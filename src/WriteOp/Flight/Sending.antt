-- ===== src/WriteOp/Flight/Sending.antt =====
-- Which steps a run sends (web/src/lib/api/writeOp.ts, R10).
use zte_u60_pro_mu5250_manag.Common.{
  ℕ, zero, suc, ◌+◌, ◌≤◌, ◌<◌, ◌≡◌, ◌≢◌, refl, ◌∙◌, inl, inr, true, false, Option, none, some, List,
  [], ◌∷◌, get_elem?, length, map, Bool-cases, Option-cases, ◌==◌, arith,
}
use mathlib.Core.Path.{subst, sym}
use zte_u60_pro_mu5250_manag.WriteOp.State.{StepState, resubmittable, is_done}
use zte_u60_pro_mu5250_manag.WriteOp.Reducer.{write_op_reducer, start_run, restart_step}
use zte_u60_pro_mu5250_manag.WriteOp.Controller.{
  WriteOpConfig, Ctl, Task, Mode, step_done_at, finish_steps, steps_from, run_steps, run_verify,
  probe_loop, after_settle,
}
use zte_u60_pro_mu5250_manag.WriteOp.Actions.{resubmit}

-- A result that waits for no step.
abbrev NoStep : Ctl × Option Task → Type 0
NoStep r = (k : WriteOpConfig) (n i : ℕ) → r.1 ≢ some (Task.step_running k n i)

run_verify-NoStep : (c : Ctl) → NoStep (run_verify c)
unfolding run_verify
run_verify-NoStep c k n i h = ground arith

probe_loop-NoStep : (m : Mode) (c : Ctl) (now : ℕ) → NoStep (probe_loop m c now)
unfolding probe_loop
probe_loop-NoStep m c now k n i h = ground arith

finish_steps-NoStep :
    (k : WriteOpConfig) (r : ℕ) (c : Ctl) (now : ℕ) → NoStep (finish_steps k r c now)
unfolding finish_steps after_settle
finish_steps-NoStep k r c now j n i h = grind (arith, run_verify-NoStep, probe_loop-NoStep)

first_or_later :
    (c : Ctl) (i q m : ℕ)
    → step_done_at c i ≡ true
    → (i + 1 ≤ q → q < m → step_done_at c q ≡ true)
    → i ≤ q
    → q < m
    → step_done_at c q ≡ true
first_or_later c i q m d h a b = elim (Bool-cases (i == q)) [
  | inl e ↦ let eq : i ≡ q = ground arith in subst (λ x. step_done_at c x ≡ true) eq d
  | inr ne ↦ h (ground arith) b
]

-- The loop of `runSteps` sends the first step that is not done.
steps_from-sends :
    (k : WriteOpConfig) (r : ℕ) (c : Ctl) (now i left : ℕ) {j : WriteOpConfig} {n m : ℕ}
    → (steps_from k r c now i left).1 ≡ some (Task.step_running j n m)
    → (step_done_at c m ≡ false) × ((q : ℕ) → i ≤ q → q < m → step_done_at c q ≡ true)
unfolding steps_from
steps_from-sends k r c now i zero {j} {n} {m} h = absurd (finish_steps-NoStep k r c now j n m h)
steps_from-sends k r c now i (suc left) {j} {n} {m} h = elim (Bool-cases (step_done_at c i)) [
  | inr waits ↦
      let e : i ≡ m = ground arith in
      (subst (λ x. step_done_at c x ≡ false) e waits, λ q a b. absurd (omega arith))
  | inl done ↦
      let later : (steps_from k r c now (i + 1) left).1 ≡ some (Task.step_running j n m) =
        ground arith in
      let (undone, before) = steps_from-sends k r c now (i + 1) left later in
      (undone, λ q a b. first_or_later c i q m done (before q) a b)
]

-- A new run keeps which steps are done.
step_done_at-start_run :
    (c : Ctl) (xs : List StepState) (i : ℕ)
    → (elim (get_elem? (map restart_step xs) i) [ none ↦ false | some x ↦ is_done x.status ])
      ≡ (elim (get_elem? xs i) [ none ↦ false | some x ↦ is_done x.status ])
step_done_at-start_run c [] i = refl
step_done_at-start_run c (x ∷ xs) zero = ground arith
step_done_at-start_run c (x ∷ xs) (suc i) = step_done_at-start_run c xs i

resubmit_nothing :
    (c : Ctl) (now : ℕ) → resubmittable c.state.phase ≡ false → (resubmit c now).1 ≡ none
unfolding resubmit write_op_reducer
resubmit_nothing c now h = ground arith

resubmit_runs :
    (c : Ctl) (now : ℕ)
    → resubmittable c.state.phase ≡ true
    → (resubmit c now).1 ≢ none
    → resubmit c now ≡ run_steps (record c { state = start_run c.state }) now
unfolding resubmit write_op_reducer start_run
resubmit_runs c now h ne = ground arith

run_steps_sends :
    (c : Ctl) (now : ℕ) {k : WriteOpConfig} {n i : ℕ}
    → (run_steps c now).1 ≡ some (Task.step_running k n i)
    → (step_done_at c i ≡ false) × ((q : ℕ) → q < i → step_done_at c q ≡ true)
unfolding run_steps
run_steps_sends c now {k} {n} {i} h = elim (Option-cases c.cfg) [
  | inl e ↦ absurd (ground arith)
  | inr (j, e) ↦
      let sent : (steps_from j c.state.run_id c now 0 (length j.steps)).1
          ≡ some (Task.step_running k n i) =
        ground arith in
      let (undone, before) = steps_from-sends j c.state.run_id c now 0 (length j.steps) sent in
      (undone, λ q b. before q (omega arith) b)
]

-- Every step before an index is done.
abbrev pub DoneBelow : Ctl → ℕ → Type 0
DoneBelow c zero = Unit
DoneBelow c (suc i) = DoneBelow c i × (step_done_at c i ≡ true)

DoneBelow-of_all : (c : Ctl) (i : ℕ) → ((q : ℕ) → q < i → step_done_at c q ≡ true) → DoneBelow c i
DoneBelow-of_all c zero h = tt
DoneBelow-of_all c (suc i) h = (DoneBelow-of_all c i (λ q b. h q (omega arith)), h i (omega arith))

-- A resubmission never sends a step that is done: what it sends is the first step that is not,
-- all steps before it being done.
pub resubmit_sends_undone :
    (c : Ctl) (now : ℕ) (k : WriteOpConfig) (n i : ℕ)
    → (resubmit c now).1 ≡ some (Task.step_running k n i)
    → (step_done_at c i ≡ false) × DoneBelow c i
unfolding start_run
resubmit_sends_undone c now k n i h = elim (Bool-cases (resubmittable c.state.phase)) [
  | inr other ↦ absurd (ground (arith, resubmit_nothing c now other))
  | inl can ↦
      let d : Ctl = record c { state = start_run c.state } in
      let eq = resubmit_runs c now can (λ e. ground arith) in
      let sent : (run_steps d now).1 ≡ some (Task.step_running k n i) = ground arith in
      let (undone, before) = run_steps_sends d now sent in
      (
        sym (step_done_at-start_run c c.state.steps i) ∙ undone,
        DoneBelow-of_all c i (λ q b. sym (step_done_at-start_run c c.state.steps q) ∙ before q b),
      )
]
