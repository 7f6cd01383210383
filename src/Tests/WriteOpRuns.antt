-- ===== src/Tests/WriteOpRuns.antt =====
-- Runs of the write-operation controller (web/src/lib/api/writeOp.ts).
use zte_u60_pro_mu5250_manag.Common.{
  ℕ, ◌≤◌, ◌≡◌, refl, inl, true, false, none, some, List, [], ◌∷◌, length, All, arith,
}
use zte_u60_pro_mu5250_manag.Api.Errors.{Thrown}
use zte_u60_pro_mu5250_manag.WriteOp.State.{
  Tier, Phase, StepStatus, WriteOpState, WriteOpEvent, initial_write_op, is_submitting,
}
use zte_u60_pro_mu5250_manag.WriteOp.Reducer.{write_op_reducer}
use zte_u60_pro_mu5250_manag.WriteOp.Consent.{IsClick, submitting-IsClick}
use zte_u60_pro_mu5250_manag.WriteOp.Controller
use zte_u60_pro_mu5250_manag.WriteOp.Controller.{
  WriteOpConfig, Ctl, Task, Outcome, new_ctl, step_done_at,
}
use zte_u60_pro_mu5250_manag.WriteOp.Resume.{resume}
use zte_u60_pro_mu5250_manag.WriteOp.Session.{Input, new_session, run}
use zte_u60_pro_mu5250_manag.WriteOp.StepLists.{IsDone}
use zte_u60_pro_mu5250_manag.WriteOp.Flight.Sessions.{in_flight}
use zte_u60_pro_mu5250_manag.WriteOp.Flight.Histories.{lets_go}
use zte_u60_pro_mu5250_manag.WriteOp.Flight.Safety.{
  single_flight, success-All-IsDone, attached_session, busy_has_task, second_stale_hangs,
}
use zte_u60_pro_mu5250_manag.WriteOp.Flight.Sending.{DoneBelow, resubmit_sends_undone}

-- Two steps with a readback, of tier 1.
abbrev two_steps : WriteOpConfig
two_steps = record {
  tier = Tier.tier1;
  steps = "APN" ∷ "reconnect" ∷ [];
  has_verify = true;
  wait_device = none;
  reconfirm_sec = none;
}

abbrev sent_and_verified : List (ℕ × Input)
sent_and_verified =
    (0, Input.attach)
    ∷ (1, Input.start two_steps)
    ∷ (2, Input.settle 0 (Outcome.gives true))
    ∷ (3, Input.settle 0 (Outcome.gives true))
    ∷ (4, Input.settle 0 (Outcome.gives true))
    ∷ []

applied_after : (run new_session sent_and_verified).ctl.state.phase ≡ Phase.applied
unfolding run write_op_reducer Controller.steps_from Controller.finish_steps Controller.after_settle
    Controller.run_verify Controller.run_steps
applied_after = refl

single_flight_example : length (in_flight (run new_session sent_and_verified)) ≤ 1
single_flight_example = single_flight sent_and_verified

success-All-IsDone_example : All IsDone (run new_session sent_and_verified).ctl.state.steps
success-All-IsDone_example = success-All-IsDone sent_and_verified (inl applied_after)

-- The second step times out: what is done stays done.
abbrev half_sent : List (ℕ × Input)
half_sent =
    (1, Input.start two_steps)
    ∷ (2, Input.settle 0 (Outcome.gives true))
    ∷ (3, Input.settle 0 (Outcome.throws (Thrown.timeout 15000 "timeout")))
    ∷ []

half_sent_partial : (run attached_session half_sent).ctl.state.phase ≡ Phase.partial
unfolding run write_op_reducer Controller.steps_from Controller.finish_steps Controller.after_settle
    Controller.run_verify Controller.run_steps Controller.classify_error Controller.attach
half_sent_partial = refl

resubmit_sends_undone_example :
    let c = (run attached_session half_sent).ctl in (step_done_at c 1 ≡ false) × DoneBelow c 1
unfolding run write_op_reducer Controller.steps_from Controller.finish_steps Controller.after_settle
    Controller.run_verify Controller.run_steps Controller.classify_error Controller.attach
resubmit_sends_undone_example =
    resubmit_sends_undone (run attached_session half_sent).ctl 4 two_steps 2 1 refl

busy_has_task_example :
    length (in_flight (run attached_session ((1, Input.start two_steps) ∷ []))) ≡ 1
unfolding run write_op_reducer Controller.steps_from Controller.run_steps Controller.attach lets_go
busy_has_task_example = busy_has_task ((1, Input.start two_steps) ∷ []) (refl, tt) refl

abbrev verifying_ctl : Ctl
verifying_ctl = record {
  state = record initial_write_op { phase = Phase.verifying };
  cfg = some two_steps;
  attached = 1;
  listening = true;
}

second_stale_hangs_example :
    resume
      (Task.verify_running 0 1)
      verifying_ctl
      (Outcome.throws (Thrown.unauthorized "unauthorized" true))
      9
    ≡ (verifying_ctl, none)
second_stale_hangs_example =
    second_stale_hangs verifying_ctl 1 9 "unauthorized" (omega arith) (omega arith) refl

-- A question that is shown, for an operation of tier 3.
abbrev asked : WriteOpState
asked = record initial_write_op {
  phase = Phase.confirming;
  tier = Tier.tier3;
  steps = record { label = "reboot"; status = StepStatus.pending; error = none } ∷ [];
}

submitting-IsClick_example : IsClick asked WriteOpEvent.confirm
unfolding write_op_reducer
submitting-IsClick_example = submitting-IsClick asked WriteOpEvent.confirm (inl refl) refl (λ e. cc)

abbrev submitting : WriteOpState
submitting = record asked { phase = Phase.submitting }

starts_submitting :
    is_submitting
      (write_op_reducer initial_write_op (WriteOpEvent.start Tier.tier1 ("APN" ∷ []))).phase
    ≡ true
unfolding write_op_reducer
starts_submitting = refl
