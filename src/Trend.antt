-- ===== src/Trend.antt =====
-- The curves of the last minutes: web/src/lib/liveTrend.ts and web/src/lib/cpuTrend.ts.
pub mod Samples
pub mod Recent
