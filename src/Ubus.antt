-- ===== src/Ubus.antt =====
-- Turning on ADB over the router's own web interface (web/src/lib/ubus.ts).
pub mod Rpc
pub mod Login
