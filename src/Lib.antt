-- ===== src/Lib.antt =====
-- The Amazon S3 Encryption Client for Python: what src/s3_encryption does with keys, metadata and
-- content, as executable definitions, and the theorems that make it correct.
--
-- The parts of the program, in the order in which an object passes through them:
--   - An algorithm suite (`Suite`, of materials/materials.py) fixes key, IV and tag lengths.
--     `Errors` has the exceptions of exceptions.py, `Values` the Python values of metadata.
--   - The materials (`Materials`, of materials/materials.py and materials/encrypted_data_key.py) go
--     to a materials manager, which asks a keyring (`Keyring`, of materials/keyring.py,
--     materials/kms_keyring.py and materials/crypto_materials_manager.py): `kms_on_encrypt` makes a
--     data key with KMS and `kms_on_decrypt` unwraps it. Abstract keyrings and managers are the
--     records `Keyring` and `Cmm`; `kms_keyring` and `default_cmm` fill them.
--   - `KeyDerivation` (key_derivation.py) derives the encryption key and the commitment of V3.
--   - `Metadata` (metadata.py) is the dictionary form of what is stored with an object, and the tests
--     for the message formats V1, V2 and V3.
--   - `Put` and `Multipart` (pipelines.py) encrypt an object and a multipart upload.
--   - `InstructionFile` (instruction_file.py, instruction_file_config.py, _utils.py and
--     `process_instruction_file` of __init__.py) reads metadata that stands in an object of its own.
--   - `Get` (`GetEncryptedObjectPipeline` of pipelines.py) resolves the metadata (`Get/Resolve`),
--     unwraps the data key (`Get/Materials`), checks the policies and decrypts (`Get/Content`).
--   - `Decryptor` (decryptor.py, buffered_decrypt.py) and `Stream` (stream.py) decrypt the body, at
--     once or as it is read.
--   - `Plugin` (`S3EncryptionClientPlugin` and `_validate_encryption_context` of __init__.py) has the
--     handlers that boto3 calls before PutObject and after GetObject, with the thread's attributes.
--   - `Client` (`S3EncryptionClient` of __init__.py) has the operations on objects, `Client/Uploads`
--     the multipart calls with the map of uploads, and `Client/Readable` `upload_file` and
--     `upload_fileobj`, which call them. `Client/Laws` says what is assumed of S3; the other files
--     under `Client` are proofs.
-- `RoundTrip` puts `Put` and `Get` together. `Config` is `S3EncryptionClientConfig` of __init__.py.
-- `Tests` runs the model on concrete inputs and applies each theorem. File names are relative to
-- src/s3_encryption.
--
-- State and errors: an operation of a mutable object takes the object and returns a result and the
-- object, also where it raises, since the client keeps using it then. A function that may raise
-- returns a `Result`, whose errors tell apart what a caller or an `except` clause tells apart; a
-- `Reason` stands for one `raise` statement. Bytes are lists of native numbers, a dict is an
-- association list in insertion order, `None` is `none`.
--
-- Libraries: AES-GCM, AES-CBC, HMAC, HKDF, base64, JSON, KMS, S3 bodies and `os.urandom` are
-- parameters (`External`), which a client takes as one record `Libraries`. boto3 and S3 are the
-- record `S3Service`, with a world of its own, and a file system is `FileSystem`. What a theorem
-- assumes of them stands in a record named `...Laws`: a cipher fed in two pieces is fed at once, a
-- body gives its bytes in order, KMS decrypts what it made, S3 answers with what was put and joins
-- the parts of an upload. No secrecy is assumed of them or shown.
--
-- Fuel: `Stream.read` gives its loop one round more than there are bytes left in the content, and
-- `iter_chunks` takes the number of rounds, as do the uploads of files; the theorems on termination
-- show how many suffice. `decimal` has more fuel than its number has digits.
--
-- A call of the client is one step on the state of the thread that makes it, and the lock of
-- `MultipartUploadPipeline` makes each call of `encrypt_part` one. boto3 calls the handlers inside the
-- wrapped `put_object` and `get_object`, and an exception of a handler goes through them. The fetch of
-- an instruction file sets the attributes `instruction_file_mode` and `key` of the thread for its own
-- call of `get_object` and resets the mode after it; the handler for GetObject (`handle_object`) returns
-- the attributes as the fetch has left them, and `get_object` cleans those up. `Get.decrypt` is the
-- pipeline with a fetch that only answers, `Get/Fetching` the same with a fetch that changes a state,
-- and `Get/Fetched` relates the two. The nested call of `get_object` sees the mode
-- on, so that its handler is the one for instruction files (`fetching_client`).
--
-- Not modelled: `__getattr__` of the client, which hands every other operation on to boto3; the
-- arguments and the parts of replies that the client hands on without looking at them; the
-- registration of the handlers; calls of one client from several threads at a time; the text of
-- messages; and type checks of arguments that Python's typing already rules out. Negative sizes are
-- refused as 0 is. The test servers, the examples and the infrastructure are programs over the
-- library.
pub mod Prelude
pub mod Errors
pub mod Values
pub mod External
pub mod Suite
pub mod Metadata
pub mod Materials
pub mod Keyring
pub mod KeyDerivation
pub mod Decryptor
pub mod Stream
pub mod InstructionFile
pub mod Put
pub mod Multipart
pub mod Get
pub mod RoundTrip
pub mod Config
pub mod Plugin
pub mod Client
pub mod Tests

________________

What you have to do = Every line above that holds the word "omega" is to be found and copied.

Result of the task =
      (subst (λ x. step_done_at c x ≡ false) e waits, λ q a b. absurd (omega arith))
      (undone, λ q b. before q (omega arith) b)
DoneBelow-of_all c (suc i) h = (DoneBelow-of_all c i (λ q b. h q (omega arith)), h i (omega arith))
    second_stale_hangs verifying_ctl 1 9 "unauthorized" (omega arith) (omega arith) refl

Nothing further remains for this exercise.